There are four indictments in respect to each defendant. Two of the indictments as to each defendant cover violations pertaining to §§ 1187(e) and 1187(f) for the tax year 1956, and the other two cover violations of the same sections for the tax year 1957.

The indictments under § 1187 (e) charge the respective defendants in two counts, in that (1) with intent to evade, they failed to file their respective tax returns, and (2) with intent to evade, they failed to pay their respective taxes, by the 30th of April next following the particular tax year.

The indictments under § 1187(f) are also in two counts and charge the defendants with (1) a neglect to file their respective returns, and (2) a refusal to file their respective returns, by the 30th of May next following the particular tax year.

Each defendant filed an affidavit in support of a previous motion to dismiss the indictments wherein they have admitted, either directly or by fair inference, that they were Delaware residents during the tax years in question; that during those years each had annual incomes in excess of six hundred dollars; that each had filed a Federal Income Tax Return and paid the appropriate tax for the respective years, but that they had individually received professional advice1 to the effect that they were not required to file a Delaware Income Tax Return or pay a Delaware income tax and that pursuant to this advice, and in reliance thereon, they did not file their respective Delaware Income Tax Returns or pay the Delaware tax on their incomes for the tax years in question.
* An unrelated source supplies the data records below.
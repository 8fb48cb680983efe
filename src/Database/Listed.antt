-- ===== src/Database/Listed.antt =====
-- src/server/database.rs: the current bans of one address.
use rail2ban.Prelude.{
  ◌≡◌, refl, ◌∙◌, true, false, not, Option, List, [], ◌∷◌, ◌++◌, arith, retain, any, retain-append,
  any-append, Str, str_eq_iff, str_eq_refl,
}
use rail2ban.Prelude.Int.{ℤ, eq_ℤ}
use rail2ban.Database.{
  DbBan, Bip, Database, ban_of, bip_of, ban_at, ban_row, bip_row, add_ban, remove_ban, list_bans,
  in_bips,
}
use rail2ban.Database.Rows.{any-retain_excluded, eq_ℤ_refl}
use rail2ban.Database.Current.{retain-sort_desc_one, retain-sort_desc_nil}

module _ (jail ip : Str) where
  -- A row of the pair joins no row of `bips` from which the pair has been removed.
  in_bips_removed :
      (bips : List Bip) (r : DbBan)
      → ban_of jail ip r ≡ true
      → in_bips (retain (λ b. not (bip_of jail ip b)) bips) r ≡ false
  unfolding in_bips
  in_bips_removed bips r own =
      any-retain_excluded (λ b. ban_at b.jail b.ip b.time_of_ban r) _ bips
        (λ b h. ground (
          arith,
          str_eq_iff r.jail jail,
          str_eq_iff r.ip ip,
          str_eq_iff b.jail jail,
          str_eq_iff b.ip ip,
          str_eq_iff r.jail b.jail,
          str_eq_iff r.ip b.ip,
        ))

  -- After the statement that stores a ban, the only row of the pair that can join is the new one.
  in_bips_stored :
      (bips : List Bip) (t : ℤ) (r : DbBan)
      → ban_of jail ip r ≡ true
      → in_bips (retain (λ b. not (bip_of jail ip b)) bips ++ bip_row jail ip t ∷ []) r
        ≡ eq_ℤ r.time_of_ban t
  unfolding in_bips any
  in_bips_stored bips t r own =
      any-append (λ b. ban_at b.jail b.ip b.time_of_ban r) _ (bip_row jail ip t ∷ [])
      ∙ ground (arith, in_bips_removed bips r own)

  old_rows :
      (bips : List Bip) (t : ℤ) (bans : List DbBan)
      → retain (ban_of jail ip) (
          retain
            (in_bips (retain (λ b. not (bip_of jail ip b)) bips ++ bip_row jail ip t ∷ []))
            (retain (λ r. not (ban_at jail ip t r)) bans))
        ≡ []
  unfolding retain
  old_rows bips t [] = refl
  old_rows bips t (r ∷ rs) = ground (arith, in_bips_stored bips t r, old_rows bips t rs)

  removed_rows :
      (bips : List Bip) (bans : List DbBan)
      → retain (ban_of jail ip) (retain (in_bips (retain (λ b. not (bip_of jail ip b)) bips)) bans)
        ≡ []
  unfolding retain
  removed_rows bips [] = refl
  removed_rows bips (r ∷ rs) = ground (arith, in_bips_removed bips r, removed_rows bips rs)

  -- Storing a ban makes it the one current ban of its jail and address, whatever was stored before.
  pub list_bans-add_ban :
      (db : Database) (t : ℤ) (bantime : Option ℤ) (payload : Str)
      → retain (ban_of jail ip) (list_bans (add_ban db jail ip t bantime payload))
        ≡ ban_row jail ip t bantime payload ∷ []
  unfolding list_bans add_ban retain
  list_bans-add_ban db t bantime payload =
      let row = ban_row jail ip t bantime payload in
      let bips = retain (λ b. not (bip_of jail ip b)) db.bips ++ bip_row jail ip t ∷ [] in
      retain-sort_desc_one (ban_of jail ip) row
        (retain (in_bips bips) (retain (λ r. not (ban_at jail ip t r)) db.bans ++ row ∷ []))
        (rw (retain-append, retain-append, old_rows)
          (ground
            (arith, in_bips_stored db.bips t row, str_eq_refl jail, str_eq_refl ip, eq_ℤ_refl t)))

  -- Removing it leaves no current ban of the pair.
  pub list_bans-remove_ban :
      (db : Database) → retain (ban_of jail ip) (list_bans (remove_ban db jail ip)) ≡ []
  unfolding list_bans remove_ban
  list_bans-remove_ban db = retain-sort_desc_nil (ban_of jail ip) _ (removed_rows db.bips _)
They further say, that had the [466]*466professional advice been to the contrary effect, then they would have filed and paid pursuant to the Delaware Tax Statutes.

They also maintain that the professional advice in question was predicated upon the proposition that should they have filled out their respective tax returns they would have had to answer certain questions about the source of their respective incomes, which answers would have revealed that they were engaged in a business enterprise which was illegal under the laws of this State. They were advised that such answers would have been self-incriminatory, and, hence, not required of either of them under the provisions of Article 1, § 7, of the Delaware Constitution, Del. C. Ann. They say that in order to avoid making these allegedly self-incriminatory statements they of necessity had to abstain from filing their respective tax returns, and, as a logical consequence, they could not pay the tax.

It was on the basis of these facts, as set forth in their respective affidavits, that the defendants filed their previous motions to dismiss the indictments. In those motions they advanced two contentions. They first urged that the facts embodied in their affidavits clearly demonstrated that it would be impossible for the State to prove beyond a reasonable doubt that they as individuals had wilfully failed to file their respective tax returns or pay their respective taxes with an intention of defrauding the State. They claimed that their affidavits set forth facts which were not subject to refutation or impeachment, and, therefore, the disposition of the charges against them was purely a question of law.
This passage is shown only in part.